Mit diesem Thema habe ich mich ergiebig auseinander gesetzt und gefunden, dass alle Mechanismen leicht ausgehebelt werden können.
Denn letztendlich muss jedes Java-Programm über den Class File Verifier der JVM gültigen Bytecode repräsentieren. Spätestens an dieser Stelle muss der Bytecode in JVM-kompatibler Form vorliegen. Alle Dinge, die vorher gemacht wurden, wie beipsielsweise Verschlüsselung der 
class-Dateien und Laden derselben über einen eigenen Classloader sind dann hinfällig.
Also lässt sich der Aufruf einer Routine, die prüft, ob ein Benutzer lizenziert ist, ausbauen oder immer mit ja beantworten, also keine Lizenzkosten notwendig.

Ich hatte mal ein System entworfen, in denen Kunden über verschlüsselte Informationen(Zertifikate für Kunde/Anbieter liegen vor) und somit angeben welchen Typ von Lizenz sie benötigen. Danach erstellt der Anbieter eine Schlüsseldatei und überträgt sie zum Kunden. Beim Programmstart wird geprüft, ob das Programm ausreichend lizenziert ist, indem die Lizenzdatei gelesen, entschlüsselt und ausgewertet wird.
Wie oben aber bereits erwähnt, ist dieses "nur" ein Grund, der die Attacke auf das Programm erschwert aber nicht unmöglich macht.

Andere Optionen wären:



Abfrage der Lizenz über das Netzwerk beim Programmstart
Dieses ist eine gute Option, aber meistens nicht mit den Sicherheitsrichtlinien des Kunden vereinbar.
Eine Subalternative wäre die Installation eines Lizenzervers beim Kunden
Dieses ist aber aus offensichtlichen Gründen ebenfalls schwer umsetzbar. Diesmal kann der Kunden natürlich den Server selbst kompromittieren und daher ist das Sicherheitskonzept per se ausgehebelt.



Verdongelung der Software
Dieses ist eine weitere gute Option und kann mit minimalen Aufwand für Anbieter/Kunde umgesetzt werden. Hierbei werden insbesondere die beiden Punkte Verschlüsselung und Sicherstellung das die JVM nicht manipuliert wurde, kombiniert. Mit WibuKey als Beispiel wird für den Kunden ein spezieller Code erzeugt und in den USB-Dongle geschrieben. Gleichzeitig wird die Software verschlüsselt und kann nur noch mit dem richtigen Dongle entschlüsselt werden. Dabei verifiziert die Wibu-SW, dass keine Manipulationen zum Beispiel an den Classloadern der JVM erkannt werden.
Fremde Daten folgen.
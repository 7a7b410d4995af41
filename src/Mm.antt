-- ===== src/Mm.antt =====
-- mm/pmap.c: the page allocator, and the memory that the page tables live in.
-- Memory is a function from the kernel virtual address of a word to the word. A `struct Page *`
-- is an index into `pages`; `pp_ref` is a `u_short` and wraps.
pub mod Alloc
pub mod Init
pub mod Release
use jos_buaa_a20_porting.Prelude.{
  ℕ, zero, suc, ◌+◌, ◌-◌, ◌*◌, ◌/◌, ◌%◌, ◌^◌, Bool, ◌&&◌, Option, none, some, List, ◌∷◌, leb, ltb,
  ◌==◌, if◌then◌else◌, Cmd, pure, stop, panic, bad_pointer, modify, gets, ◌>>=◌, ◌>>◌,
}
use jos_buaa_a20_porting.Mmu.{word, by2pg, pgshift, dramsize, ulim, kerntop, round, page2kva}
use jos_buaa_a20_porting.Queue
use jos_buaa_a20_porting.Queue.{Links, update, insert_head, remove}

-- the error codes of include/error.h, which the functions return negated
pub data Error : Type 0 where
  unspecified bad_env inval no_mem no_free_env ipc_not_recv : Error
  no_disk max_open not_found bad_path file_exists not_exec : Error

-- what a function that returns `int` hands back: a value that is not negative, or an error
pub data Ret (A : Type 0) : Type 0 where
  good : A → Ret A
  bad : Error → Ret A

pub record Mm : Type 0 where
  pub npage : ℕ
  pub freemem : ℕ
  pub pp_ref : ℕ → ℕ
  pub page_free_list : Links
  pub mem : ℕ → ℕ
  -- the operands of the TLB invalidations issued, latest first
  pub tlb : List ℕ

abbrev pub inc16 : ℕ → ℕ
inc16 r = (r + 1) % 2 ^ 16

abbrev pub dec16 : ℕ → ℕ
dec16 r = (r + 2 ^ 16 - 1) % 2 ^ 16

abbrev pub clear_words : (ℕ → ℕ) → ℕ → ℕ → ℕ → ℕ
clear_words mem a n b = if leb a b && ltb b (a + n) then 0 else mem b

-- `bzero` of `n` bytes from `a` on
unfoldable pub bzero : ℕ → ℕ → Cmd Mm (Unit {0})
bzero a n = modify λ s. record s { mem = clear_words s.mem a n }

-- `++pp->pp_ref`
unfoldable pub inc_ref : ℕ → Cmd Mm (Unit {0})
inc_ref pp = modify λ s. record s { pp_ref = update s.pp_ref pp (inc16 (s.pp_ref pp)) }

-- `armv7_detect_memory`
unfoldable pub armv7_detect_memory : Cmd Mm (Unit {0})
armv7_detect_memory = modify λ s. record s { npage = dramsize / 2 ^ pgshift }

-- `alloc`, the allocator of the boot: `freemem` has moved when it panics
unfoldable pub alloc : ℕ → ℕ → Bool → Cmd Mm ℕ
unfolding bzero
alloc n align clear = do
  alloced_mem ← gets (λ s. round s.freemem align)
  modify (λ s. record s { freemem = (alloced_mem + n) % word })
  if clear then bzero alloced_mem n else pure tt
  freemem ← gets (λ s. s.freemem)
  if leb dramsize ((freemem + word - ulim) % word) then stop panic else pure alloced_mem

-- the loop of `page_init` over the pages below `freemem`, `n` rounds from page `i` on
unfoldable pub mark_used : ℕ → ℕ → Mm → Mm
mark_used zero i s = s
mark_used (suc n) i s = mark_used n (i + 1) (record s { pp_ref = update s.pp_ref i 1 })

-- one round of its loop over the other pages: every fourth page goes to the free list
unfoldable pub free_round : ℕ → Mm → Mm
free_round i s = record s {
  pp_ref = update s.pp_ref i 0;
  page_free_list = if i % 4 == 0 then insert_head s.page_free_list i else s.page_free_list;
}

unfoldable pub mark_free : ℕ → ℕ → Mm → Mm
mark_free zero i s = s
mark_free (suc n) i s = mark_free n (i + 1) (free_round i s)

-- `page_init`
unfoldable pub page_init : Cmd Mm (Unit {0})
unfolding mark_used mark_free free_round
page_init = modify λ s.
    let freemem = round s.freemem (by2pg * 4) in
    let l = (freemem + word - ulim) % word / 2 ^ pgshift in
    let s' : Mm = record s { page_free_list = Queue.init s.page_free_list; freemem = freemem } in
    mark_free (s.npage - l) l (mark_used l 0 s')

-- `page2kva`, with the panic of `KADDR`
unfoldable pub kva_of_page : ℕ → Cmd Mm ℕ
kva_of_page pp s = elim (page2kva s.npage pp) [ none ↦ stop panic s | some kva ↦ pure kva s ]

-- `LIST_REMOVE(pp, pp_link)`
unfoldable pub unlink_page : ℕ → Cmd Mm (Unit {0})
unlink_page pp s = elim (remove s.page_free_list pp) [
  | none ↦ stop bad_pointer s
  | some l ↦ pure tt (record s { page_free_list = l })
]

-- `page_alloc`: the page that it stores in `*pp`, or `-E_NO_MEM`
unfoldable pub page_alloc : Cmd Mm (Ret ℕ)
unfolding unlink_page kva_of_page bzero
page_alloc s = elim s.page_free_list.first [
  | none ↦ pure (bad no_mem) s
  | some pp ↦ (do unlink_page pp; kva ← kva_of_page pp; bzero kva by2pg; pure (good pp)) s
]

-- `page_free`; the last branch cannot be reached, since `pp_ref` is unsigned
unfoldable pub page_free : ℕ → Cmd Mm (Unit {0})
page_free pp s =
    if ltb 0 (s.pp_ref pp)
    then pure tt s
    else if s.pp_ref pp == 0
    then pure tt (record s { page_free_list = insert_head s.page_free_list pp })
    else stop panic s

-- `--pp->pp_ref` and the test after it, as `page_decref` and `page_remove` have them
unfoldable pub drop_ref : ℕ → Cmd Mm (Unit {0})
unfolding page_free
drop_ref pp s =
    let s' : Mm = record s { pp_ref = update s.pp_ref pp (dec16 (s.pp_ref pp)) } in
    if s'.pp_ref pp == 0 then page_free pp s' else pure tt s'

-- `page_decref` of a pointer that may be NULL
unfoldable pub page_decref : Option ℕ → Cmd Mm (Unit {0})
unfolding drop_ref
page_decref none = pure tt
page_decref (some pp) = drop_ref pp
Alles in allem, war die Verdongelung der SW die Lösung, die eingesetzt wurde, zumal dies mit überschaubaren Aufwand und Kosten gemacht werden kann.
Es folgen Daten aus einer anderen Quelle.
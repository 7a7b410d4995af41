-- ===== src/Blocks.antt =====
-- fs/fs.c: the blocks of the disk, their cache in the memory of the file server, and the bitmap.
-- A block has its place in memory at `DISKMAP`; `mapped` says whether there is a page there. The
-- memory and the disk hold words by address, and file nodes (`struct File`) apart from them; an
-- address of the disk is that of the same word in the cache. `room` is how many more pages the
-- kernel gives to `syscall_mem_alloc`.
pub mod Bitmap
pub mod Sync
pub mod Start
pub mod Smash
use jos_buaa_a20_porting.Prelude.{
  ℕ, zero, suc, ◌+◌, ◌-◌, ◌*◌, ◌/◌, ◌%◌, ◌^◌, bit_and, Bool, true, false, not, ◌&&◌, ◌||◌, Option,
  none, some, List, [], leb, ltb, ◌==◌, if◌then◌else◌, Cmd, pure, stop, gets, modify, panic,
  bad_pointer, ◌>>=◌, ◌>>◌,
}
use jos_buaa_a20_porting.Mmu.{word, by2pg, complement}
use jos_buaa_a20_porting.Mm.{Error, Ret, good, bad, no_mem, no_disk}
use jos_buaa_a20_porting.Queue.{update}

-- `struct File`
pub record File : Type 0 where
  pub f_name : List ℕ
  pub f_size : ℕ
  pub f_type : ℕ
  pub f_direct : ℕ → ℕ
  pub f_indirect : ℕ
  pub f_dir : Option ℕ

pub record Fs : Type 0 where
  -- whether `super` and `bitmap` point at their blocks
  pub super : Bool
  pub bitmap : Bool
  pub mapped : ℕ → Bool
  pub dirty : ℕ → Bool
  pub mem : ℕ → ℕ
  pub node : ℕ → File
  pub disk_mem : ℕ → ℕ
  pub disk_node : ℕ → File
  pub room : ℕ

abbrev pub diskmap : ℕ
diskmap = 0x10000000

abbrev pub by2blk : ℕ
by2blk = 4096

abbrev pub fs_magic : ℕ
fs_magic = 0x68286097

-- the place of a block in memory
abbrev pub place : ℕ → ℕ
place blockno = (diskmap + blockno * by2blk) % word

-- `super->s_magic` and `super->s_nblocks`
abbrev pub s_magic : Fs → ℕ
s_magic s = s.mem (place 1)

abbrev pub s_nblocks : Fs → ℕ
s_nblocks s = s.mem (place 1 + 4)

-- `super && blockno >= super->s_nblocks`
abbrev pub is_beyond : Fs → ℕ → Bool
is_beyond s blockno = s.super && leb (s_nblocks s) blockno

-- `diskaddr`
unfoldable pub diskaddr : ℕ → Cmd Fs ℕ
diskaddr blockno s = if is_beyond s blockno then stop panic s else pure (place blockno) s

-- `block_is_mapped`, its result as a test
unfoldable pub block_is_mapped : ℕ → Cmd Fs Bool
unfolding diskaddr
block_is_mapped blockno = do va ← diskaddr blockno; gets (λ s. s.mapped blockno)

-- `block_is_dirty`
unfoldable pub block_is_dirty : ℕ → Cmd Fs Bool
unfolding diskaddr
block_is_dirty blockno = do va ← diskaddr blockno; gets (λ s. s.mapped blockno && s.dirty blockno)

abbrev pub in_block : (blockno a : ℕ) → Bool
in_block blockno a = leb (place blockno) a && ltb a (place blockno + by2blk)

-- `f` with the addresses of a block taken from `g`
abbrev pub take_block {ℓ} : {A : Type ℓ} → (blockno : ℕ) → (f g : ℕ → A) → ℕ → A
take_block blockno f g a = if in_block blockno a then g a else f a

abbrev pub blank : File
blank = record {
  f_name = [];
  f_size = 0;
  f_type = 0;
  f_direct = λ _. 0;
  f_indirect = 0;
  f_dir = none;
}

-- `syscall_mem_alloc` at the place of a block: a page of zeros
unfoldable pub alloc_page_for : ℕ → Cmd Fs (Ret ℕ)
alloc_page_for blockno s = elim s.room [
  | zero ↦ pure (bad no_mem) s
  | suc n ↦ pure (good 0) (record s {
    room = n;
    mapped = update s.mapped blockno true;
    mem = take_block blockno s.mem (λ _. 0);
    node = take_block blockno s.node (λ _. blank);
  })
]

-- `map_block`
unfoldable pub map_block : ℕ → Cmd Fs (Ret ℕ)
unfolding block_is_mapped diskaddr alloc_page_for
map_block blockno = do
  m ← block_is_mapped blockno
  if m then pure (good 0) else do va ← diskaddr blockno; alloc_page_for blockno

-- the word of the bitmap for a block, and the bit in it
abbrev pub bitmap_word : ℕ → ℕ
bitmap_word blockno = place 2 + 4 * (blockno / 32)

abbrev pub bitmap_bit : ℕ → ℕ
bitmap_bit blockno = 2 ^ (blockno % 32)

-- the test of the bit: a set bit says that the block is free
abbrev pub is_free_bit : Fs → ℕ → Bool
is_free_bit s blockno = not (bit_and (s.mem (bitmap_word blockno)) (bitmap_bit blockno) == 0)

-- `bitmap[blockno / 32] &= ~(1 << (blockno % 32))`
abbrev pub clear_bit : ℕ → Fs → Fs
clear_bit blockno s = record s {
  mem =
      update s.mem (bitmap_word blockno)
        (bit_and (s.mem (bitmap_word blockno)) (complement (bitmap_bit blockno)));
}

-- `block_is_free`
unfoldable pub block_is_free : ℕ → Cmd Fs Bool
block_is_free blockno s =
    if not s.super || leb (s_nblocks s) blockno
    then pure false s
    else if not s.bitmap
    then stop bad_pointer s
    else pure (is_free_bit s blockno) s

-- `free_block`
unfoldable pub free_block : ℕ → Cmd Fs (Unit {0})
free_block blockno s =
    if blockno == 0
    then stop panic s
    else if not s.bitmap
    then stop bad_pointer s
    else pure tt (clear_bit blockno s)

-- `unmap_block`
unfoldable pub unmap_block : ℕ → Cmd Fs (Unit {0})
unfolding block_is_mapped block_is_free block_is_dirty diskaddr
unmap_block blockno = do
  m ← block_is_mapped blockno
  if not m then pure tt else do
    free ← block_is_free blockno
    dirty ← block_is_dirty blockno
    if not free && dirty then stop panic else do
      va ← diskaddr blockno
      modify (λ s. record s { mapped = update s.mapped blockno false; room = s.room + 1 })

-- `ide_read` of a block to its place
unfoldable pub ide_read : ℕ → Cmd Fs (Unit {0})
ide_read blockno = modify λ s. record s {
  mem = take_block blockno s.mem s.disk_mem;
  node = take_block blockno s.node s.disk_node;
}

-- `ide_write` of a block from its place
unfoldable pub ide_write : ℕ → Cmd Fs (Unit {0})
ide_write blockno = modify λ s. record s {
  disk_mem = take_block blockno s.disk_mem s.mem;
  disk_node = take_block blockno s.disk_node s.node;
}

-- the branch of `read_block` for a block that is not in memory; it does not test the result of
-- `syscall_mem_alloc`, and without a page the copy goes to an address that is not mapped
unfoldable pub load_block : ℕ → Cmd Fs (Unit {0})
unfolding alloc_page_for ide_read
load_block blockno = do
  r ← alloc_page_for blockno
  elim r [ bad _ ↦ stop bad_pointer | good _ ↦ ide_read blockno ]

-- `block_is_free` behind `bitmap &&`
unfoldable pub is_known_free : ℕ → Cmd Fs Bool
unfolding block_is_free
is_known_free blockno s = if s.bitmap then block_is_free blockno s else pure false s

-- `read_block`: the address that it stores in `*blk`
unfoldable pub read_block : ℕ → Cmd Fs ℕ
unfolding is_known_free diskaddr block_is_mapped load_block
read_block blockno = do
  va ← diskaddr blockno
  free ← is_known_free blockno
  if free
      then stop panic
      else do m ← block_is_mapped blockno; if m then pure tt else load_block blockno; pure va

-- `write_block`
unfoldable pub write_block : ℕ → Cmd Fs (Unit {0})
unfolding block_is_mapped diskaddr ide_write
write_block blockno = do
  m ← block_is_mapped blockno
  if not m then stop panic else do
    va ← diskaddr blockno
    ide_write blockno
    modify (λ s. record s { dirty = update s.dirty blockno false })

-- the loop of `alloc_block_num` over `n` blocks from `blockno` on
unfoldable pub find_free : (n blockno : ℕ) → Cmd Fs (Ret ℕ)
unfolding write_block
find_free zero blockno s = pure (bad no_disk) s
find_free (suc n) blockno s =
    let rest = find_free n (blockno + 1) s in
    if is_free_bit s blockno
    then (do modify (clear_bit blockno); write_block (blockno / (by2blk * 8)); pure (good blockno))
        s
    else rest

-- `alloc_block_num`
unfoldable pub alloc_block_num : Cmd Fs (Ret ℕ)
unfolding find_free
alloc_block_num s =
    if not s.super || not s.bitmap && ltb 3 (s_nblocks s)
    then stop bad_pointer s
    else find_free (s_nblocks s - 3) 3 s

-- `alloc_block`
unfoldable pub alloc_block : Cmd Fs (Ret ℕ)
unfolding alloc_block_num map_block free_block
alloc_block = do
  r ← alloc_block_num
  elim r [
    | bad e ↦ pure (bad e)
    | good bno ↦ (do
      m ← map_block bno
      elim m [ bad e ↦ (do free_block bno; pure (bad e)) | good _ ↦ pure (good bno) ])
  ]

-- the loop of `fs_sync`
unfoldable pub sync_loop : (n i : ℕ) → Cmd Fs (Unit {0})
unfolding block_is_dirty write_block
sync_loop zero i = pure tt
sync_loop (suc n) i = do
  d ← block_is_dirty i
  if d then write_block i else pure tt
  sync_loop n (i + 1)

-- `fs_sync`
unfoldable pub fs_sync : Cmd Fs (Unit {0})
unfolding sync_loop
fs_sync s = if not s.super then stop bad_pointer s else sync_loop (s_nblocks s) 0 s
Leider bietet die JVM nur unzureichende Möglichkeiten des Schutzes der Java-Software. Vielleicht deshalb ist ein extrem großer SW-Bereich Open-source und es wird eher mit (weiteren) Dienstleistungen oder Support gearbeitet.

Ich kann mir auch nicht vorstellen, das deine SW einen sooo grossen Mehrwert erzeugt, dass sich dieser ganze Schutz-Aufwand lohnen würde, zumal geschickt formulierte Eula's hier gut helfen können.

Da ist die Speicherung von MAC-Adressen in der DB beim Anbieter nur ein geringes Problem, wobei dies, wie bereits erwähnt, in den Nutzungsbedingungen erwähnt werden kann. 

Also kannst du diesen Weg weiter verfolgen, aber ich habe dich gewarnt wg. des Aufwandes, der Qualität des Schutzes und der
Akzeptanz beim Kunden.


----------



## OnDemand (1. Nov 2013)

Vielen Dank für Deine informativen Beiträge! Dass es immer einen Weg gibt, sieht man ja an den großen Softwareherstellern. Aber gut fürs Ego, wenn man wenigstens ein paar Hürden einabut, dann hat man es wenigstens versucht und macht die Sache noch seriöser, wenn der Kunde lizensieren muss 

Wie sieht es denn mit Eula  & Co. aus, gibt es da einen Generator, wo ich zb verschiedene Kriterien eingebe, wie meine SW verwendet werden darf und am Ende bekomme ich die beste Lizenzierung vorgeschlagen?! 

Mit diesem ganzen Eula und GPL ZEugs, hab ich mich noch nicht weiter beschäftigt.


----------



## turtle (1. Nov 2013)

Ein (guter) Anwalt ist dein Freund


----------



## OnDemand (1. Nov 2013)

Ohwe, die gibts ja nicht zu oft, jedenfalls ist mir keiner bei uns hier bekannt, das sind dann sicherlich größere Wirtschaftsanwälte ^^


----------